--- Records ---

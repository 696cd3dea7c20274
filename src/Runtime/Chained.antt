-- ===== src/Runtime/Chained.antt =====
-- The receipts of one runtime form a chain.
use autonomy_harbor.Base.{
  ◌≡◌, refl, String, Option, none, some, List, [], ◌∷◌, Result, ok, raised, arith, Bool-cases, inl,
  inr,
}
use mathlib.Core.Path.{subst}
use autonomy_harbor.Json.{Fields}
use autonomy_harbor.Platform.{Platform, Datetime}
use autonomy_harbor.Models.{ActionRequest, ActionReceipt, GateDecision, is_allow}
use autonomy_harbor.Gate.{evaluate}
use autonomy_harbor.Receipt.{create_receipt, receipt_body}
use autonomy_harbor.Receipt.Seal.{IsSealed}
use autonomy_harbor.Envelope.{SignedEnvelope}
use autonomy_harbor.Ledger.{Sqlite}
use autonomy_harbor.Runtime.{
  PersonalAgentRuntime, State, with_signed, with_broker, with_lease, decide, keep_receipt, act_on,
  run_with, run,
}

-- The arguments of one call of `run`.
pub record Attempt : Type 0 where
  pub lease_id : Option String
  pub envelope : Option SignedEnvelope
  pub request : ActionRequest
  pub now : Datetime
  pub created_at : String

module _ ⦃p : Platform⦄ where
  -- sealed receipts, each of which names the digest of the one before it, up to the last digest
  abbrev pub IsReceiptChain : Option String → List ActionReceipt → Option String → Type 0
  IsReceiptChain first [] last = first ≡ last
  IsReceiptChain first (r ∷ rs) last =
      IsSealed r × (r.previous_receipt_hash ≡ first) × IsReceiptChain (some r.receipt_hash) rs last

module _ ⦃p : Platform⦄ ⦃q : Sqlite⦄ {World : Type 0}
    (execute : ActionRequest → World → Result Fields × World) (runtime : PersonalAgentRuntime) where
  -- A call that raises leaves the last digest; one that returns links its receipt.
  abbrev IsAccounted : State World → Result ActionReceipt × State World → Type 0
  IsAccounted s (raised e, s') = s'.previous_receipt_hash ≡ s.previous_receipt_hash
  IsAccounted s (ok r, s') =
      IsSealed r
      × (r.previous_receipt_hash ≡ s.previous_receipt_hash)
      × (s'.previous_receipt_hash ≡ some r.receipt_hash)

  decide-keeps :
      (lease_id : Option String) (envelope : Option SignedEnvelope) (request : ActionRequest)
      (base : GateDecision) (now : Datetime) (s : State World)
      → let s' = (decide execute runtime lease_id envelope request base now s).1 in
        (s'.previous_receipt_hash ≡ s.previous_receipt_hash)
  unfolding decide with_lease with_signed with_broker
  decide-keeps lease_id envelope request base now s = ground arith

  act_on-IsAccounted :
      (d : Result GateDecision) (request : ActionRequest) (created_at : String) (s s' : State World)
      → s'.previous_receipt_hash ≡ s.previous_receipt_hash
      → IsAccounted s (act_on execute runtime d request created_at s')
  unfolding act_on keep_receipt create_receipt receipt_body
  act_on-IsAccounted (raised e) request created_at s s' h = h
  act_on-IsAccounted (ok d) request created_at s s' h = elim (Bool-cases (is_allow d.verdict)) [
    | inl allowed ↦ rw (allowed) (refl, h, refl)
    | inr forbidden ↦ rw (forbidden) (refl, h, refl)
  ]

  run-IsAccounted :
      (a : Attempt) (s : State World)
      → IsAccounted s (run execute runtime a.lease_id a.envelope a.request a.now a.created_at s)
  unfolding run run_with
  run-IsAccounted a s = go a.lease_id a.envelope
    where
      with_one :
          (lease_id : Option String) (envelope : Option SignedEnvelope)
          → IsAccounted s
              (run_with execute runtime lease_id envelope a.request a.now a.created_at s)
      with_one lease_id envelope =
          let base = evaluate a.request runtime.registry in
          let kept = decide-keeps lease_id envelope a.request base a.now s in
          let d = decide execute runtime lease_id envelope a.request base a.now s in
          act_on-IsAccounted d.0 a.request a.created_at s d.1 kept

      go :
          (lease_id : Option String) (envelope : Option SignedEnvelope)
          → IsAccounted s (run execute runtime lease_id envelope a.request a.now a.created_at s)
      go none none = with_one none none
      go (some id) none = with_one (some id) none
      go none (some e) = with_one none (some e)
      go (some id) (some e) = refl

  -- the receipts that calls in a row return, and the state after them
  abbrev receipts_and : Result ActionReceipt → List ActionReceipt → List ActionReceipt
  receipts_and (raised e) rs = rs
  receipts_and (ok r) rs = r ∷ rs

  unfoldable pub run_all : List Attempt → State World → List ActionReceipt × State World
  run_all [] s = ([], s)
  run_all (a ∷ attempts) s =
      let (r, s') = run execute runtime a.lease_id a.envelope a.request a.now a.created_at s in
      let (rs, s'') = run_all attempts s' in (receipts_and r rs, s'')

  chain-receipts_and :
      (s s' : State World) (r : Result ActionReceipt) (rs : List ActionReceipt)
      (last : Option String)
      → IsAccounted s (r, s')
      → IsReceiptChain s'.previous_receipt_hash rs last
      → IsReceiptChain s.previous_receipt_hash (receipts_and r rs) last
  chain-receipts_and s s' (raised e) rs last same chain =
      subst (λ h. IsReceiptChain h rs last) same chain
  chain-receipts_and s s' (ok r) rs last (sealed, linked, kept) chain =
      (sealed, linked, subst (λ h. IsReceiptChain h rs last) kept chain)

  -- The receipts that a runtime returns in a row of calls, some of which may raise, are sealed and
  -- each names the digest of the one before it, from the digest that the runtime started with to
  -- the one that it ends with.
  pub run_all-IsReceiptChain :
      (attempts : List Attempt) (s : State World)
      → let out = run_all attempts s in
        IsReceiptChain s.previous_receipt_hash out.0 out.1.previous_receipt_hash
  unfolding run_all
  run_all-IsReceiptChain [] s = refl
  run_all-IsReceiptChain (a ∷ attempts) s =
      let out = run execute runtime a.lease_id a.envelope a.request a.now a.created_at s in
      chain-receipts_and s out.1 out.0 (run_all attempts out.1).0
        (run_all attempts out.1).1.previous_receipt_hash (run-IsAccounted a s)
        (run_all-IsReceiptChain attempts out.1)
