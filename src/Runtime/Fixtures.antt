-- ===== src/Runtime/Fixtures.antt =====
-- A runtime over the registry of the reference appliance, whose executor counts its calls.
use autonomy_harbor.Base.{ℕ, suc, none, some, [], Result, fail, execution_error}
use autonomy_harbor.Json.{Fields}
use autonomy_harbor.Models.{ActionRequest}
use autonomy_harbor.Gate.Fixtures.{registry}
use autonomy_harbor.Broker.{empty_broker}
use autonomy_harbor.Envelope.Fixtures.{signer, store}
use autonomy_harbor.Runtime.{PersonalAgentRuntime, State}

abbrev pub counting : ActionRequest → ℕ → Result Fields × ℕ
counting request n = (fail execution_error "resource_not_found", suc n)

abbrev pub runtime : PersonalAgentRuntime
runtime = record { registry = registry; authorizer = some store; receipt_signer = some signer }

abbrev pub start : State ℕ
start = record {
  previous_receipt_hash = none;
  previous_signed_receipt_hash = none;
  broker = some empty_broker;
  rows = [];
  world = 0;
}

--- What to work on ---
For this exercise, repeat exactly the lines of the data above from the one with "-- each names" down to the one with "run_all-IsReceiptChain [] s = refl", both end lines included.

--- Finished task ---
  -- each names the digest of the one before it, from the digest that the runtime started with to
  -- the one that it ends with.
  pub run_all-IsReceiptChain :
      (attempts : List Attempt) (s : State World)
      → let out = run_all attempts s in
        IsReceiptChain s.previous_receipt_hash out.0 out.1.previous_receipt_hash
  unfolding run_all
  run_all-IsReceiptChain [] s = refl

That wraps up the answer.